In effect, the same principles and methods of variation partitioning of two predictor tables might be used for three or more tables. Our 2 × 2 variation partitioning algorithm in dc-CA can be extended to a 3 × 3 algorithm by adding, for instance, invasive species as site descriptors and phylogeny as species descriptors. Further, this extension could be generalized into an (n × k) variation partitioning, where n tables are related to the sites and k to the species. Besides, our illustration of results may be used directly to interpret both simple and conditional effects of various kinds of predictors on the community structure, relying on the ability to test the fractions of explained variance. Besides, if a non-trivial experimental design is involved, the permutation scheme in dc-CA can be easily adapted to suit and reflect the sampling protocol.

In dc-CA, the number of both environmental variables (space predictors included) and traits (niche predictors included) needs to be significantly smaller than the number of cases and species (ter Braak and Šmilauer 2018). Therefore, our algorithm is not suitable for datasets with many predictors and few cases (sites and species). An alternative may be to replace the dc-CA with a double-asymmetrical co-correspondence analysis (CoCA, which considers unimodal responses to underlying gradients) or its linear counterpart, the co-inertia analysis (CoIA), which can be used with many predictors and few objects (cases or samples). Although non-symmetrical CoCA can be done by existing R packages and functions, the double-asymmetrical CoCA and CoIA still have to be developed.

Another possible expansion is to step outside the two-dimensional table of the double-constrained method and adopt a multi-level approach, such as an n-dimensional constrained analysis. By this expansion, we propose the theoretical and methodological development toward an ‘omni-spaces explanatory ecology of communities’: by this, meaning the consideration and use of an unlimited number and types of explanatory data tables, constraining either sites or species (rows and columns), in any number of response data sets (multiple interacting or linked communities).

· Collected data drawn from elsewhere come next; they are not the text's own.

-- ===== src/Conversation/Compaction/Rounds.antt =====
-- core/conversation/compaction.py: the calls of tools and their outputs among what is compacted.
use zj_cyber_workbench.Prelude.{
  if◌then◌else◌, string_eq, ◌==◌, nat_eq, not, ◌&&◌, filter, contains, count_where, ℕ, zero, suc,
  ◌+◌, ◌≤◌, String, ◌≡◌, refl, sym, ap, ◌∙◌, Bool, true, false, Option, none, some, List, [], ◌∷◌,
  ◌++◌, arith,
}
use zj_cyber_workbench.Json.{Json, get, is_text}
use zj_cyber_workbench.Conversation.{is_call, is_output}
use zj_cyber_workbench.Conversation.Projection.{ProjectedItem}
use zj_cyber_workbench.Conversation.Budget.{set_remove}
use zj_cyber_workbench.Conversation.Compaction.{
  CompactionConfig, toggle_group, take, select_compaction_candidates,
}
use zj_cyber_workbench.Conversation.Compaction.Groups.{
  groups_after, is_sourced, IsSelection, select_compaction_candidates-IsSelection,
  select_compaction_candidates-closed,
}

abbrev pub is_in_group : String → ProjectedItem → Bool
is_in_group group item = item.atomic_group == group

-- The calls, respectively the outputs, of one atomic group.
abbrev pub is_call_of : String → ProjectedItem → Bool
is_call_of group item = is_in_group group item && is_call item.item

abbrev pub is_output_of : String → ProjectedItem → Bool
is_output_of group item = is_in_group group item && is_output item.item

-- An item that has a group and is neither a call nor an output.
abbrev pub is_stray : ProjectedItem → Bool
is_stray item =
    not (item.atomic_group == "") && not (is_call item.item) && not (is_output item.item)

-- A group is that of one call at most, and of one output at most, and of nothing else.
pub record AreRounds (items : List ProjectedItem) : Type 0 where
  pub one_call : (group : String) → (group == "") ≡ false → count_where (is_call_of group) items ≤ 1
  pub one_output :
      (group : String) → (group == "") ≡ false → count_where (is_output_of group) items ≤ 1
  pub nothing_else : count_where is_stray items ≡ 0

-- How often a flag that changes `n` times stands in the end.
abbrev flips : ℕ → Bool → Bool
flips zero b = b
flips (suc n) b = flips n (not b)

contains-removed :
    (group other : String) (groups : List String)
    → contains (set_remove other groups) group ≡ (contains groups group && not (group == other))
unfolding set_remove filter contains
contains-removed group other [] = refl
contains-removed group other (g ∷ groups) = ground (
  arith,
  string_eq.same_iff group g,
  string_eq.same_iff g other,
  string_eq.same_iff group other,
  contains-removed group other groups,
)

contains-toggled :
    (group other : String) (groups : List String)
    → (group == "") ≡ false
    → contains (toggle_group other groups) group
      ≡ (if other == group then not (contains groups group) else contains groups group)
unfolding toggle_group contains
contains-toggled group other groups n = ground (
  arith,
  n,
  string_eq.same_iff other "",
  string_eq.same_iff group "",
  string_eq.same_iff other group,
  string_eq.same_iff group other,
  ap (contains groups),
  contains-removed group other groups,
)

-- A group is open behind some items if an odd number of them has it.
contains-groups_after :
    (group : String) (items : List ProjectedItem) (groups : List String)
    → (group == "") ≡ false
    → contains (groups_after groups items) group
      ≡ flips (count_where (is_in_group group) items) (contains groups group)
unfolding count_where filter
contains-groups_after group [] groups n = refl
contains-groups_after group (item ∷ items) groups n =
    contains-groups_after group items (toggle_group item.atomic_group groups) n
    ∙ ap (flips (count_where (is_in_group group) items))
        (contains-toggled group item.atomic_group groups n)
    ∙ ground arith

count_where-take :
    (p : ProjectedItem → Bool) (n : ℕ) (items : List ProjectedItem)
    → count_where p (filter is_sourced (take n items)) ≤ count_where p items
unfolding count_where filter
count_where-take p zero items = omega arith
count_where-take p (suc n) [] = omega arith
count_where-take p (suc n) (item ∷ items) = ground (arith, count_where-take p n items)

count_where-first :
    (p : ProjectedItem → Bool) (a b : List ProjectedItem) → count_where p a ≤ count_where p (a ++ b)
unfolding count_where filter
count_where-first p [] b = omega arith
count_where-first p (item ∷ a) b = ground (arith, count_where-first p a b)

text_exclusive :
    (value : Option Json)
    → is_text "function_call" value ≡ true
    → is_text "function_call_output" value ≡ false
unfolding is_text
text_exclusive none h = refl
text_exclusive (some (Json.text t)) h = rw ((string_eq.same_iff t "function_call").0 h) refl
text_exclusive (some Json.null) h = refl
text_exclusive (some (Json.bool b)) h = refl
text_exclusive (some (Json.number n)) h = refl
text_exclusive (some (Json.array xs)) h = refl
text_exclusive (some (Json.object fs)) h = refl

call_exclusive : (item : Json) → is_call item ≡ true → is_output item ≡ false
unfolding is_call is_output
call_exclusive item h = text_exclusive (get item "type") h

-- The items of a group are its calls and its outputs.
count_where-rounds :
    (group : String) (items : List ProjectedItem)
    → (group == "") ≡ false
    → count_where is_stray items ≡ 0
    → count_where (is_in_group group) items
      ≡ count_where (is_call_of group) items + count_where (is_output_of group) items
unfolding count_where filter
count_where-rounds group [] n h = refl
count_where-rounds group (item ∷ items) n h = ground (
  arith,
  n,
  h,
  call_exclusive item.item,
  string_eq.same_iff item.atomic_group group,
  string_eq.same_iff item.atomic_group "",
  string_eq.same_iff group "",
  count_where-rounds group items n,
)

even_rounds :
    (calls outputs n : ℕ)
    → n ≡ calls + outputs
    → calls ≤ 1
    → outputs ≤ 1
    → flips n false ≡ false
    → calls ≡ outputs
even_rounds calls outputs zero e h k f = omega (arith, e)
even_rounds calls outputs (suc zero) e h k f = ground (arith, f)
even_rounds calls outputs (suc (suc n)) e h k f = omega (arith, e, h, k)

-- The candidates for a summary leave no tool call apart from its output: for each atomic group,
-- they have its call exactly if they have its output. They are the oldest items, and the configured
-- number of recent items is not among them. A group of the items is that of one call at most, and of
-- one output at most, and of nothing else.
pub select_compaction_candidates-rounds :
    (cfg : CompactionConfig) (projected_tokens : ℕ) (items : List ProjectedItem) (group : String)
    → AreRounds items
    → (group == "") ≡ false
    → let result = select_compaction_candidates cfg projected_tokens items in
      IsSelection cfg items result
      × (count_where (is_call_of group) result ≡ count_where (is_output_of group) result)
unfolding contains
select_compaction_candidates-rounds cfg projected_tokens items group h n =
    let result = select_compaction_candidates cfg projected_tokens items in
    let selection = select_compaction_candidates-IsSelection cfg projected_tokens items in
    let le : (p : ProjectedItem → Bool) → count_where p result ≤ count_where p items = λ p. omega (
      arith,
      count_where-first p result selection.rest,
      ap (count_where p) selection.prefix,
      count_where-take p selection.compacted items,
    ) in
    (
      selection,
      even_rounds _ _ _
          (count_where-rounds group result n (omega (arith, le is_stray, h.nothing_else)))
          (omega (arith, le (is_call_of group), h.one_call group n))
          (omega (arith, le (is_output_of group), h.one_output group n))
          (sym (contains-groups_after group result [] n)
            ∙ ap (λ groups. contains groups group)
                (select_compaction_candidates-closed cfg projected_tokens items)),
    )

Unlike environmental variables and traits, which have a straightforward meaning, the significance and underlying mechanisms of niche overlap may vary greatly, depending on how the niche is defined and what data are used to evaluate it. Here, we have illustrated a relatively simple case study where we included the use and partitioning of habitat types, related mainly to life–environment interactions. When food resources or interspecific relationships are considered, the focus will be on biotic processes. In complex studies, considering different aspects of the niche, several niche overlap matrices can be combined, calculating the centroids, the mean, or another measure of central tendency of the similarities for each pair of species.

Conclusions

Including ecological niche metrics, especially niche dissimilarities, in the CENTS model, as a separate data table, adds the functional interaction between the species to the model that accounts for distribution, space variability, environmental predictors, and biological traits, and sometimes also for phylogenetic relationships. This can lead to new theoretical and applied research objectives. We have shown that one can use an existing three-table ordination method to analyze relationships among five or more datasets. Maybe the future will show that for challenging the complex environmental issues related to overpopulation, resource exploitation, degradation of habitats, invasive species, pollution, and loss of ecological functions, new methods have to be developed for linking more datasets from different informational spaces. The multivariate approach is already mature; new needs arise by linking and integrating multi-spaces, each of them being a system of multivariate datasets linked within and among the spaces. Searching for solutions to such complex issues will no longer result in predicting a structure or a group of functions, but tracing and modeling complex trajectories of ecological systems simultaneously along time, space, and other gradients. This will also mean a complex and multidisciplinary approach and the development of new mathematical tools for assisting the needs of ecological research. In this frame, we completed only a small step but showed the urge to move forward.